# Harry Potter and the Half-Blood Prince Trailer - No Spoilers Allowed Please



## MAC_Whore (Jul 31, 2008)

I know that a lot of you are hyped for the next Harry Potter movie.  I saw the trailer today and thought I would share.  The movie is due out in Nov 08.

*NOTE: If you have read the book, please DO NOT discuss story or plot details here as I don't want to ruin it for others.  Thanks.*






A sneak peek at the new and darker 'Harry Potter' - MSN Movies News


----------



## anjelik_dreamin (Jul 31, 2008)

Omg it looks so freaking awesome. Must. Re-read. All. Books.


----------



## x-ivy (Jul 31, 2008)

i saw it yesterday and it looks soo good! can't wait...there are so many...fanatsy....type things that i'm getting so excited for. Breaking dawn, the third eragon book, harry potter, twilight moive...jeeze


----------



## Shimmer (Jul 31, 2008)

I'm thrilled beyond belief.
I'm just sad that the man playing Dumbledore doesn't begin to live up to the character.


----------



## concertina (Jul 31, 2008)

This movie looks *dark* and I'm so *thrilled* by that!!!


----------



## SkylarV217 (Jul 31, 2008)

I saw ut yesterday too and from what I can tell and can hope they will follow the book pretty closely .... The triwizard movie pissed me off!!!


----------



## SkylarV217 (Jul 31, 2008)

Quote:

   Originally Posted by *Shimmer* 

 
_I'm thrilled beyond belief.
I'm just sad that the man playing Dumbledore doesn't begin to live up to the character._

 
Completely agree... I think the original Dumbledore was better .... I think he could have been great in these where Dumbledore really shines .... Maybe he will be better in Halfblood b/c he is so prevalent.

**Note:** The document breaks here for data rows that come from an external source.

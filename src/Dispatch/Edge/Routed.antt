-- ===== src/Dispatch/Edge/Routed.antt =====
-- Where each argument of a dispatch comes from.
use djangorestframework_serv.Prelude.{
  first_some, String, ◌≡◌, refl, ap, ◌∙◌, Bool, true, false, ◌&&◌, not, Option, none, some, List,
  Dict, get, has, update, contains, contains-keep, is_some, if◌then◌else◌, arith,
}
use djangorestframework_serv.Values.{Value}
use djangorestframework_serv.Specs.{Read}
use djangorestframework_serv.Dispatch.Edge.{
  Kernel, Edge, QueryDict, gather, drop, flat, flat_value, url_kwargs, queried, routed_names,
  from_route, absent_names, from_query, unless_live, route_arguments,
}
use djangorestframework_serv.Dispatch.Edge.Dicts.{
  change_values, change, only, get-drop, get-update-gather,
}

-- What is documented of `coerce_flat`: it reads each value as the type of its own parameter.
abbrev pub Coerces : Kernel → (String → Value → Value) → Type 0
Coerces kernel coerced = (d : Dict Value) → kernel.coerce_flat d ≡ change_values coerced d

abbrev pub in_route : String → Option (Dict Value) → Option Value
in_route k none = none
in_route k (some route) = get k route

abbrev pub in_query : Kernel → String → Option QueryDict → Option Value
in_query kernel k none = none
in_query kernel k (some query) = flat_value kernel k (get k query)

-- A name that is there is not read again.
absent_first :
    (kernel : Kernel) (coerced : String → Value → Value) (k : String) (there : Option Value)
    (found : Option (List Value)) (listed : Bool)
    → first_some
        (only
          ((not (is_some there) && is_some found) && listed)
          (change (coerced k) (flat_value kernel k found)))
        there
      ≡ first_some there (only listed (change (coerced k) (flat_value kernel k found)))
absent_first kernel coerced k (some v) found listed = refl
absent_first kernel coerced k none none true = refl
absent_first kernel coerced k none none false = refl
absent_first kernel coerced k none (some vs) true = refl
absent_first kernel coerced k none (some vs) false = refl

one_channel :
    (queried : Bool) (rest found : Option Value)
    → first_some (only (not queried) rest) (only queried found)
      ≡ (if queried then only queried found else rest)
one_channel true rest found = refl
one_channel false (some v) found = refl
one_channel false none found = refl

module _ (kernel : Kernel) (coerced : String → Value → Value) (edge : Edge)
    (reads : List Read) where
  -- A name that a route captures: a declared one, or one that the selector or lookup reads.
  abbrev pub captured : String → Option Value
  captured k =
      only (contains k (routed_names kernel reads)) (change (coerced k) (in_route k edge.route))

  abbrev asked : String → Option Value
  asked k = only (contains k (queried reads)) (change (coerced k) (in_query kernel k edge.query))

  -- Of a live view a declared URL kwarg is the route's alone and a declared query parameter the
  -- query string's, and each other argument the caller's or, where the route has it, the route's.
  -- Off HTTP the route comes first, then the caller, then the query string.
  abbrev pub source : Bool → Option Value → String → Option Value
  source true sent k =
      if contains k (queried reads)
      then asked k
      else first_some (captured k) (only (not (contains k (url_kwargs reads))) sent)
  source false sent k = first_some (first_some (captured k) sent) (asked k)

  pub get-from_route :
      Coerces kernel coerced
      → (k : String) (d : Dict Value)
      → get k (from_route kernel reads edge.route d) ≡ first_some (captured k) (get k d)
  get-from_route law k d = go edge.route
    where
      go :
          (route : Option (Dict Value))
          → get k (from_route kernel reads route d)
            ≡ first_some
                (only
                  (contains k (routed_names kernel reads))
                  (change (coerced k) (in_route k route)))
                (get k d)
      go none = ground arith
      go (some route) =
          ap (λ e. get k (update d e)) (law (gather (λ j. get j route) (routed_names kernel reads)))
          ∙ get-update-gather k coerced (λ j. get j route) (routed_names kernel reads) d

  get-from_query :
      Coerces kernel coerced
      → (k : String) (d : Dict Value)
      → get k (from_query kernel (queried reads) edge.query d) ≡ first_some (get k d) (asked k)
  unfolding flat
  get-from_query law k d = go edge.query
    where
      go :
          (query : Option QueryDict)
          → get k (from_query kernel (queried reads) query d)
            ≡ first_some
                (get k d)
                (only (contains k (queried reads)) (change (coerced k) (in_query kernel k query)))
      go none = ground arith
      go (some query) =
          let names = absent_names query d (queried reads) in
          let value : String → Option Value = λ j. flat_value kernel j (get j query) in
          ap (λ e. get k (update d e)) (law (gather value names))
          ∙ get-update-gather k coerced value names d
          ∙ ap (λ b. first_some (only b (change (coerced k) (value k))) (get k d))
              (contains-keep (λ j. not (has j d) && has j query) k (queried reads))
          ∙ absent_first kernel coerced k (get k d) (get k query) (contains k (queried reads))

-- The routed arguments have the channels' values.
pub route_arguments_lem :
    (kernel : Kernel) (coerced : String → Value → Value) (edge : Edge) (reads : List Read)
    (sent : Dict Value) (k : String)
    → Coerces kernel coerced
    → get k (route_arguments kernel edge reads sent).arguments
      ≡ source kernel coerced edge reads edge.live (get k sent) k
unfolding route_arguments
route_arguments_lem kernel coerced edge reads sent k law = go edge.live
  where
    go :
        (live : Bool)
        → get k (
            from_query kernel (queried reads) edge.query (
              unless_live live
                (queried reads)
                (from_route kernel reads edge.route (unless_live live (url_kwargs reads) sent))))
          ≡ source kernel coerced edge reads live (get k sent) k
    go false =
        get-from_query kernel coerced edge reads law k _
        ∙ ap (λ o. first_some o (asked kernel coerced edge reads k))
            (get-from_route kernel coerced edge reads law k sent)
    go true =
        get-from_query kernel coerced edge reads law k _
        ∙ ap (λ o. first_some o (asked kernel coerced edge reads k))
            (get-drop k (queried reads) _
              ∙ ap (only (not (contains k (queried reads)))) (
                  get-from_route kernel coerced edge reads law k (drop (url_kwargs reads) sent)
                  ∙ ap (first_some (captured kernel coerced edge reads k))
                      (get-drop k (url_kwargs reads) sent)))
        ∙ one_channel (contains k (queried reads)) _ _
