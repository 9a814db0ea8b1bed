-- ===== src/Dispatch/Edge/Live.antt =====
-- What a dispatch writes onto the view's route and the request's query string.
use djangorestframework_serv.Prelude.{
  first_some, String, ◌≡◌, refl, sym, ap, ◌∙◌, Bool, true, false, ◌&&◌, not, Option, none, some,
  List, [], ◌∷◌, Dict, get, has, keep, contains, contains-keep, update, is_some, arith, eq_refl,
}
use djangorestframework_serv.Values.{Value}
use djangorestframework_serv.Specs.{Read}
use djangorestframework_serv.Dispatch.Edge.{
  Kernel, Edge, QueryDict, gather, drop, url_kwargs, queried, from_route, onto_route, onto_query,
  merge, unless_live, writes_back, routed_names, route_arguments,
}
use djangorestframework_serv.Dispatch.Edge.Dicts.{
  change_values, change, only, only-none, extended, gather-cons, get-drop, get-update-gather,
}
use djangorestframework_serv.Dispatch.Edge.Routed.{Coerces, in_route, get-from_route}

-- Nothing is gathered of names that were dropped.
gather-nil :
    (value : String → Option Value) (names : List String)
    → ((k : String) → contains k names ≡ true → value k ≡ none)
    → gather value names ≡ []
unfolding gather contains extended
gather-nil value [] h = refl
gather-nil value (k ∷ names) h =
    let here = h k (ground (arith, eq_refl k)) in
    let ih = gather-nil value names (λ j m. h j (ground arith)) in
    gather-cons value k names ∙ ap (λ o. extended k o (gather value names)) here ∙ ih

onto_query-dropped :
    (names : List String) (d : Dict Value) (query : Option QueryDict)
    → onto_query names (drop names d) query ≡ query
unfolding merge
onto_query-dropped names d none = refl
onto_query-dropped names d (some query) =
    ap (λ sent. some (merge query sent query))
      (gather-nil (λ k. get k (drop names d)) names
        (λ k m. get-drop k names d ∙ ap (λ b. only (not b) (get k d)) m))

onto_route-live :
    (fields : List String) (reads : List Read) (arguments : Dict Value)
    (route : Option (Dict Value))
    → onto_route true fields reads arguments route ≡ route
onto_route-live fields reads arguments none = refl
onto_route-live fields reads arguments (some route) = refl

-- A call over HTTP leaves the route of its view and the query string of its request as they were,
-- whatever the caller sent.
pub route_arguments-keeps :
    (kernel : Kernel) (edge : Edge) (reads : List Read) (sent : Dict Value)
    → edge.live ≡ true
    → ((route_arguments kernel edge reads sent).route ≡ edge.route)
      × ((route_arguments kernel edge reads sent).query ≡ edge.query)
unfolding route_arguments
route_arguments-keeps kernel edge reads sent live =
    let routed : Dict Value =
      from_route kernel reads edge.route (unless_live edge.live (url_kwargs reads) sent) in
    (
      ap (λ b. onto_route b edge.fields reads routed edge.route) live
          ∙ onto_route-live edge.fields reads routed edge.route,
      ap (λ b. onto_query (queried reads) (unless_live b (queried reads) routed) edge.query) live
          ∙ onto_query-dropped (queried reads) routed edge.query,
    )

-- Where the view has no route, none is made.
pub route_arguments-no_route :
    (kernel : Kernel) (edge : Edge) (reads : List Read) (sent : Dict Value)
    → edge.route ≡ none
    → (route_arguments kernel edge reads sent).route ≡ none
unfolding route_arguments
route_arguments-no_route kernel edge reads sent absent =
    ap
      (onto_route edge.live edge.fields reads
        (from_route kernel reads edge.route (unless_live edge.live (url_kwargs reads) sent)))
      absent

change_values-same : (d : Dict Value) → change_values (λ k v. v) d ≡ d
change_values-same [] = refl
change_values-same ((k, v) ∷ d) = ap (λ e. (k, v) ∷ e) (change_values-same d)

-- A name that the route has is neither captured again nor written.
written_once :
    (f : Value → Value) (routed declared is_field : Bool) (there sent : Option Value)
    → first_some
        (only
          ((not (is_some there)
              && (not is_field && is_some (first_some (only routed (change f there)) sent)))
            && declared)
          (change (λ v. v) (first_some (only routed (change f there)) sent)))
        there
      ≡ first_some there (only (declared && not is_field) sent)
written_once f routed declared is_field (some v) sent = refl
written_once f routed declared is_field none none = ground (arith, only-none routed)
written_once f routed declared is_field none (some v) = ground (arith, only-none routed)

-- Off HTTP the view's route keeps what it has, and takes from the caller each declared URL kwarg that
-- it lacks and that is no input field of the spec.
pub route_arguments-writes :
    (kernel : Kernel) (coerced : String → Value → Value) (edge : Edge) (reads : List Read)
    (sent route : Dict Value) (k : String)
    → Coerces kernel coerced
    → edge.live ≡ false
    → edge.route ≡ some route
    → in_route k (route_arguments kernel edge reads sent).route
      ≡ first_some
          (get k route)
          (only (contains k (url_kwargs reads) && not (contains k edge.fields)) (get k sent))
unfolding route_arguments
route_arguments-writes kernel coerced edge reads sent route k law offline there =
    let arguments : Dict Value = from_route kernel reads edge.route sent in
    let names : List String = keep (writes_back edge.fields route arguments) (url_kwargs reads) in
    let found =
      get-from_route kernel coerced edge reads law k sent
      ∙ ap
          (λ r.
            first_some
              (only (contains k (routed_names kernel reads)) (change (coerced k) (in_route k r)))
              (get k sent))
          there in
    ap
      (λ b. in_route k (
        onto_route b edge.fields reads
          (from_route kernel reads edge.route (unless_live b (url_kwargs reads) sent)) edge.route))
      offline
    ∙ ap (λ r. in_route k (onto_route false edge.fields reads arguments r)) there
    ∙ ap (λ e. get k (update route e))
        (sym (change_values-same (gather (λ j. get j arguments) names)))
    ∙ get-update-gather k (λ j v. v) (λ j. get j arguments) names route
    ∙ ap (λ b. first_some (only b (change (λ v. v) (get k arguments))) (get k route))
        (contains-keep (writes_back edge.fields route arguments) k (url_kwargs reads))
    ∙ ap
        (λ o.
          first_some
            (only
              ((not (has k route) && (not (contains k edge.fields) && is_some o))
                && contains k (url_kwargs reads))
              (change (λ v. v) o))
            (get k route))
        found
    ∙ written_once (coerced k) (contains k (routed_names kernel reads))
        (contains k (url_kwargs reads)) (contains k edge.fields) (get k route) (get k sent)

& the book is super dark .... So i'm sure the movie will reflect accordingly


----------



## n_c (Jul 31, 2008)

OMGosh can wait. I recently began to re-read the last book..ah its all so exciting!


----------



## aziajs (Jul 31, 2008)

I am so excited!!  I thought it wasn't coming out until next year but the end of the trailer said this year!!  The only thing is that I never see the movies in the theaters because I don't want to be bothered with the kids so I see them on dvd....but I might see if there is a late showing I can catch.


----------



## pretebrowneyes (Jul 31, 2008)

OMFG this looks super awesome!!!  I haven't read any books past goblet of fire....but have seen all the movies.  This one I may have to read though....looks too good


----------



## M.A.C. head. (Jul 31, 2008)

gggggggggggaaaaaaaaaaahhhhhhhhhhhhhhhhhh!!!! 

I CAN'T WAIT!!! 

I think I may re-read it before the movie comes out.


----------



## MacPinkFlamingo (Jul 31, 2008)

I AM SO DING DONG DANG EXCITED!!!  I have read all 7 books 6 times...LOVES IT!  I must say that both movie Dumbledore's have fallen short of my expectations.  I feel like much of Dumbledore's irreverent humor and whimsy is missing from both Dumbledores.  The second Dumbledore is too serious and angry, and the first one was too grandfatherly.  In all fairness, it is entirely possible that no actor could please me because so much of the richness of the character is embedded in the books.  Bad Dumbledore or not, I am still so happy I can legitimize my constant Harry Fever...I can say I am overly enthusiastic about the new movie, when in reality I am always that excited about Harry!
	

	
	
		
		

		
		
	


	




EDIT:  I left out too many words and had too many misspellings in this post...I should have laid it out on the table the first time I posted, but here it is...
Me=horribly dyslexic  
Kindly lower your grammar/spelling/writing/reading expectations for me...many thanks!


----------



## SingFrAbsoltion (Jul 31, 2008)

Looks good. I hope the rest of the movie is like this. I love the books but I actually hate the movies, they never seem to do it for me.


----------



## MAC_Whore (Jul 31, 2008)

Quote:

   Originally Posted by *aziajs* 

 
_I am so excited!!  I thought it wasn't coming out until next year but the end of the trailer said this year!!  The only thing is that I never see the movies in the theaters because I don't want to be bothered with the kids so I see them on dvd....but I might see if there is a late showing I can catch._

 
Yeah, November, baby!  Woot!

Here's a tip for a method DH and I use all the time.  Wait until the movie has been out for a week, then go to the Sunday matinee.  If you wait a week, most of the initial rush is over.  Additonally, most people are either sleeping in or at church on Sunday.  Not us heathens...we're getting the good seats!  Popcorn for breakfast anyone?


----------



## purrtykitty (Jul 31, 2008)

^^Heck yeah!!  Nachos, too!  I can't wait to see this movie, but I've really liked all the others.  I just cannot believe how old the young characters are getting.  I seems crazy to me!!  At any rate, I have no opinion regarding the books v. movies since I've not read the books, but now that I'm done with school, I'll have the time to indulge!


----------



## Le-Saboteur (Aug 3, 2008)

WTF, I haven't even seen the 5th movie yet. They are churning these things out fast, man.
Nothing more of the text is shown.